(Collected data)
>>>

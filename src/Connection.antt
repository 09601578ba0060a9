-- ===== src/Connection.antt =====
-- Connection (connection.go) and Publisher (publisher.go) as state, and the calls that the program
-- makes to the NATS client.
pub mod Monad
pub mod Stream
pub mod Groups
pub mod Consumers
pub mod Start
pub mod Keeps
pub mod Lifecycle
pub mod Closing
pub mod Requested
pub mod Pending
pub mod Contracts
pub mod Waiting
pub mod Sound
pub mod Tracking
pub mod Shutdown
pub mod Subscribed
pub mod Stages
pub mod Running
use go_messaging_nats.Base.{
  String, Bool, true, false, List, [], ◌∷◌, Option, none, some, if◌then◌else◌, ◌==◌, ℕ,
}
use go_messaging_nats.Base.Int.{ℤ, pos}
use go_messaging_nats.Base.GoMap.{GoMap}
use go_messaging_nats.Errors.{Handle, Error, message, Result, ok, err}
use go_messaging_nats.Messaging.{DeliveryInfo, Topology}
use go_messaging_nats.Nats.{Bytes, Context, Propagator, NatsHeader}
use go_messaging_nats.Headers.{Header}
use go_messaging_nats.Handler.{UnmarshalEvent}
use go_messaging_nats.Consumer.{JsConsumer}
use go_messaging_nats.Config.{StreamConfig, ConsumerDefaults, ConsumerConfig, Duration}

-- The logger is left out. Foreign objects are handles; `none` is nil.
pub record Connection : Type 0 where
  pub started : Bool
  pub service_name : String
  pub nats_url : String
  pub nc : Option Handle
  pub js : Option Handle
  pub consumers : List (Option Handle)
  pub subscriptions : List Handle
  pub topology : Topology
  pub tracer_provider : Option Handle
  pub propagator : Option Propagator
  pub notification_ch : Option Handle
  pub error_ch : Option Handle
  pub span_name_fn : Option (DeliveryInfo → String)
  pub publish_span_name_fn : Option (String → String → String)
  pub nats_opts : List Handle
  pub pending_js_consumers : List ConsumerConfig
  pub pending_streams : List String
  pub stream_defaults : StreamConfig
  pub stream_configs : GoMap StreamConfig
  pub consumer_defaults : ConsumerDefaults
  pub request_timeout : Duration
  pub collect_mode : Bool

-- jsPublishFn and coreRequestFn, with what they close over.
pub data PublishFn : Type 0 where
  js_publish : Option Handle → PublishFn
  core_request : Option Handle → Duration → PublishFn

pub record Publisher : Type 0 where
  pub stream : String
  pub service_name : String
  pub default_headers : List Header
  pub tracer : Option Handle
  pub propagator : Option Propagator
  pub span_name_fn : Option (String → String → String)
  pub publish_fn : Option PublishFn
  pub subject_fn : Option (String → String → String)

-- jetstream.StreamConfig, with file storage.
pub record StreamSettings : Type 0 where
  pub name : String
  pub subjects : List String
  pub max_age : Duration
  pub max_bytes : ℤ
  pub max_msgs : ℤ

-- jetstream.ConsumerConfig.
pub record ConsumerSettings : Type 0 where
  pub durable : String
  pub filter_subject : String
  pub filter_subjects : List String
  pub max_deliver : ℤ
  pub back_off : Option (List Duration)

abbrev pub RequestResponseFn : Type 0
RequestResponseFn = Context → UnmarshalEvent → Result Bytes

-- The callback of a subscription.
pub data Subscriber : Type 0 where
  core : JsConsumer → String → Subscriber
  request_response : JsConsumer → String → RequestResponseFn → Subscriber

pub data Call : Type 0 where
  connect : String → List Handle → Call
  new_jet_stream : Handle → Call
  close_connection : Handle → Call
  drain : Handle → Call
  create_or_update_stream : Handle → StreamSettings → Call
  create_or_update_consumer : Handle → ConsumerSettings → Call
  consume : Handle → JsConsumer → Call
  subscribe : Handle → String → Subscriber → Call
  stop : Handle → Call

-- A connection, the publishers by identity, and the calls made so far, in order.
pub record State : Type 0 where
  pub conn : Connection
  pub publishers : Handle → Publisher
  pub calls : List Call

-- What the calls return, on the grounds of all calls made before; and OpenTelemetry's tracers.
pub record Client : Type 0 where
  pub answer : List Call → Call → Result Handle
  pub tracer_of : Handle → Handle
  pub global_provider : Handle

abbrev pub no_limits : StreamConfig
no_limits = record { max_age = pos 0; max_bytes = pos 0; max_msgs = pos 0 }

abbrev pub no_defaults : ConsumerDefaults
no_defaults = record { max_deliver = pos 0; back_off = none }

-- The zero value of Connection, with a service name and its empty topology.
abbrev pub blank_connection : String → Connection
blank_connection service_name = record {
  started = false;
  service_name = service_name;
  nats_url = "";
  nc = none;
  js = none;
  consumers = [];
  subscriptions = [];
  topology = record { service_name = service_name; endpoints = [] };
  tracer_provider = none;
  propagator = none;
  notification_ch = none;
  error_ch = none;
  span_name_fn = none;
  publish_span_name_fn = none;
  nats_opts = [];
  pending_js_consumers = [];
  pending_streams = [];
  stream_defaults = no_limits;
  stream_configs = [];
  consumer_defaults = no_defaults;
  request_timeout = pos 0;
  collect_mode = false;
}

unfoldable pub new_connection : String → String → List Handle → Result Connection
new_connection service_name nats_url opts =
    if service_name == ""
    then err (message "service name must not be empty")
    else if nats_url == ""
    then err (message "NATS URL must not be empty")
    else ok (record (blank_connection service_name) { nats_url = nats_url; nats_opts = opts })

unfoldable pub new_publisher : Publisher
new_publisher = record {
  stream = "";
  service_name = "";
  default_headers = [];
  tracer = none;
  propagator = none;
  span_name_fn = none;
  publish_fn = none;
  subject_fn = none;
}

<<<
>>>

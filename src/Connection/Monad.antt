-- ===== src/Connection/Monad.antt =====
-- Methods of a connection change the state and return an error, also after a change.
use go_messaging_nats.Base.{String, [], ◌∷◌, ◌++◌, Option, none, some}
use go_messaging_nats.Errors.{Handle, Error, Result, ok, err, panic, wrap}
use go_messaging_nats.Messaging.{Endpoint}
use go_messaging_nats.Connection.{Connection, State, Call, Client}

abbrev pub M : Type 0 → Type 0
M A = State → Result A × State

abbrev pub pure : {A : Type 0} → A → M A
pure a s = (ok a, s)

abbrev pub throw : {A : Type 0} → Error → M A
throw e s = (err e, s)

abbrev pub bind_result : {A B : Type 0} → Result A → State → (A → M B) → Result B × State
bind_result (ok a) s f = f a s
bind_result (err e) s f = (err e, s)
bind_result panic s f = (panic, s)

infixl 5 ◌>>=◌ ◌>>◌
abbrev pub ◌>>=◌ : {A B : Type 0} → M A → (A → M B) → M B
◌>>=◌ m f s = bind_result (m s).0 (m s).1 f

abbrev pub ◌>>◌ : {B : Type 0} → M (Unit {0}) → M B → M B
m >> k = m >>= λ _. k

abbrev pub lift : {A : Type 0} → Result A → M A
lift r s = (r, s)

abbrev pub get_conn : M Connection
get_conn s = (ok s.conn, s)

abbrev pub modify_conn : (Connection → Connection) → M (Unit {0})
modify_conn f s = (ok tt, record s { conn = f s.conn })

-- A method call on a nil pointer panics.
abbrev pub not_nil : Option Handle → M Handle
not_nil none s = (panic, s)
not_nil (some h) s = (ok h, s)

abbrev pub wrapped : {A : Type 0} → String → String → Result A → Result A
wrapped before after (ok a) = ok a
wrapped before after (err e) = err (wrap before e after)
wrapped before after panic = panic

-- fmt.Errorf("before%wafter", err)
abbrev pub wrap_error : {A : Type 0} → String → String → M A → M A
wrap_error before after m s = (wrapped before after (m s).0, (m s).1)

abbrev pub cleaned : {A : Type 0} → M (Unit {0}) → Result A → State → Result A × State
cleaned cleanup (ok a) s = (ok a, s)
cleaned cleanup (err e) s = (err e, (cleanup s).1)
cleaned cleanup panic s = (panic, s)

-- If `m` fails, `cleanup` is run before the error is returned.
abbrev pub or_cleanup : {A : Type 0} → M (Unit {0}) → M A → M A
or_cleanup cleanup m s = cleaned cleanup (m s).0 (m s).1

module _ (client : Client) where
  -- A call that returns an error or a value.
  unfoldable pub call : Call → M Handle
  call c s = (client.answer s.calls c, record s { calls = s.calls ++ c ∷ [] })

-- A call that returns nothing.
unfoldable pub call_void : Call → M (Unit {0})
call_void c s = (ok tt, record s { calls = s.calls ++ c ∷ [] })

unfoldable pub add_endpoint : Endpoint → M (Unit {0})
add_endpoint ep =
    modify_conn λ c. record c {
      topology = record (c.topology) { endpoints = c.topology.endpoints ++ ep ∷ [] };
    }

<<<

Both end lines included, restate word for word the lines above from the line with "pub tracer_of : Handle → Handle" to the line with "pending_streams = [];", and nothing else.

ANSWER FOR THE TASK:
  pub tracer_of : Handle → Handle
  pub global_provider : Handle

abbrev pub no_limits : StreamConfig
no_limits = record { max_age = pos 0; max_bytes = pos 0; max_msgs = pos 0 }

abbrev pub no_defaults : ConsumerDefaults
no_defaults = record { max_deliver = pos 0; back_off = none }

-- The zero value of Connection, with a service name and its empty topology.
abbrev pub blank_connection : String → Connection
blank_connection service_name = record {
  started = false;
  service_name = service_name;
  nats_url = "";
  nc = none;
  js = none;
  consumers = [];
  subscriptions = [];
  topology = record { service_name = service_name; endpoints = [] };
  tracer_provider = none;
  propagator = none;
  notification_ch = none;
  error_ch = none;
  span_name_fn = none;
  publish_span_name_fn = none;
  nats_opts = [];
  pending_js_consumers = [];
  pending_streams = [];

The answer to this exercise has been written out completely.